Stored items:
:::::

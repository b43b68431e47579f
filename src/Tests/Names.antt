-- ===== src/Tests/Names.antt =====
-- The theorems on the registrar and on names at concrete inputs.
use cri_containerd.Base.{
  String, ◌≡◌, ◌≢◌, ◌⊎◌, ◌↔◌, refl, none, some, if◌then◌else◌, ◌==◌, string_eq, arith,
}
use cri_containerd.Base.Text.{lacks, join}
use cri_containerd.Cri.{PodSandboxMetadata, ContainerMetadata}
use cri_containerd.Map.{lookup, insert}
use cri_containerd.Registrar.{Registrar, new_registrar, reserve, release_by_name, release_by_key}
use cri_containerd.Registrar.Bijection.{
  IsBijection, new_registrar-IsBijection, reserve-IsBijection, release-IsBijection,
}
use cri_containerd.Registrar.Operations.{
  IsReservable, reserve_succeeds, reserve_effect, reserve-release,
}
use cri_containerd.Names.{make_sandbox_name}
use cri_containerd.Names.Unique.{
  IsPlain, IsPlainContainer, make_sandbox_name_injective, make_container_name_injective,
  sandbox_names_clash, metadata,
}

abbrev one_pair : Registrar
one_pair = (reserve "pod" "s1" new_registrar).0

reserve-IsBijection_example : IsBijection one_pair
reserve-IsBijection_example = reserve-IsBijection "pod" "s1" new_registrar new_registrar-IsBijection

reserve-IsBijection_held : IsBijection one_pair
reserve-IsBijection_held = reserve-IsBijection "pod" "s1" new_registrar new_registrar-IsBijection

release-IsBijection_example :
    IsBijection (release_by_name "pod" one_pair) × IsBijection (release_by_key "s1" one_pair)
release-IsBijection_example = release-IsBijection "pod" "s1" one_pair reserve-IsBijection_held

reserve_succeeds_example :
    ((reserve "web" "c1" one_pair).1 ≡ none)
    ↔ (◌≢◌ {A = String} "web" "" × ◌≢◌ {A = String} "c1" "" × IsReservable "web" "c1" one_pair)
reserve_succeeds_example = reserve_succeeds "web" "c1" one_pair reserve-IsBijection_held

reserve_effect_example :
    let (r', e) = reserve "web" "c1" one_pair in
    ((e ≡ none)
      × (lookup "c1" r'.key_to_name ≡ some "web")
      × (lookup "pod" r'.name_to_key ≡ (
          if ◌==◌ {T = String} "web" "pod" then some "c1" else lookup "pod" one_pair.name_to_key)))
    ⊎ ((e ≢ none) × (r' ≡ one_pair))
reserve_effect_example = reserve_effect "web" "c1" "pod" one_pair reserve-IsBijection_held

paired : lookup "pod" one_pair.name_to_key ≡ some "s1"
unfolding lookup insert reserve
paired = refl

reserve-release_example :
    (release_by_name "pod" one_pair ≡ release_by_key "s1" one_pair)
    × ((name' key' : String)
        → name' ≢ ""
        → key' ≢ ""
        → (name' ≡ "pod") ⊎ (lookup name' one_pair.name_to_key ≡ none)
        → (key' ≡ "s1") ⊎ (lookup key' one_pair.key_to_name ≡ none)
        → (reserve name' key' (release_by_name "pod" one_pair)).1 ≡ none)
reserve-release_example = reserve-release "pod" "s1" one_pair reserve-IsBijection_held paired

abbrev pod_metadata : PodSandboxMetadata
pod_metadata = record { name = "pod"; uid = "u"; namespace = "default"; attempt = 1 }

abbrev web_metadata : ContainerMetadata
web_metadata = record { name = "web"; attempt = 0 }

pod_metadata-IsPlain : IsPlain pod_metadata
unfolding lacks
pod_metadata-IsPlain = record {
  name_plain = refl;
  namespace_plain = refl;
  uid_plain = refl;
  attempt_fits = omega arith;
}

web_metadata-IsPlainContainer : IsPlainContainer web_metadata
unfolding lacks
web_metadata-IsPlainContainer = record { name_plain = refl; attempt_fits = omega arith }

make_sandbox_name_injective_example : pod_metadata ≡ pod_metadata
make_sandbox_name_injective_example =
    make_sandbox_name_injective pod_metadata pod_metadata pod_metadata-IsPlain pod_metadata-IsPlain
      refl

make_container_name_injective_example :
    (web_metadata ≡ web_metadata)
    × (pod_metadata.name ≡ pod_metadata.name)
    × (pod_metadata.namespace ≡ pod_metadata.namespace)
    × (pod_metadata.uid ≡ pod_metadata.uid)
make_container_name_injective_example =
    make_container_name_injective web_metadata web_metadata pod_metadata pod_metadata
      web_metadata-IsPlainContainer web_metadata-IsPlainContainer pod_metadata-IsPlain
      pod_metadata-IsPlain refl

sandbox_names_clash_example :
    (metadata "a_b" "c" "u" 0 ≢ metadata "a" "b_c" "u" 0)
    × (make_sandbox_name (metadata "a_b" "c" "u" 0) ≡ make_sandbox_name (metadata "a" "b_c" "u" 0))
unfolding join
sandbox_names_clash_example = sandbox_names_clash "a" "b" "c" "u" 0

:::::

How to complete this task: Copy out each line of the data where the string "paired" appears.

Result:
paired : lookup "pod" one_pair.name_to_key ≡ some "s1"
paired = refl
reserve-release_example = reserve-release "pod" "s1" one_pair reserve-IsBijection_held paired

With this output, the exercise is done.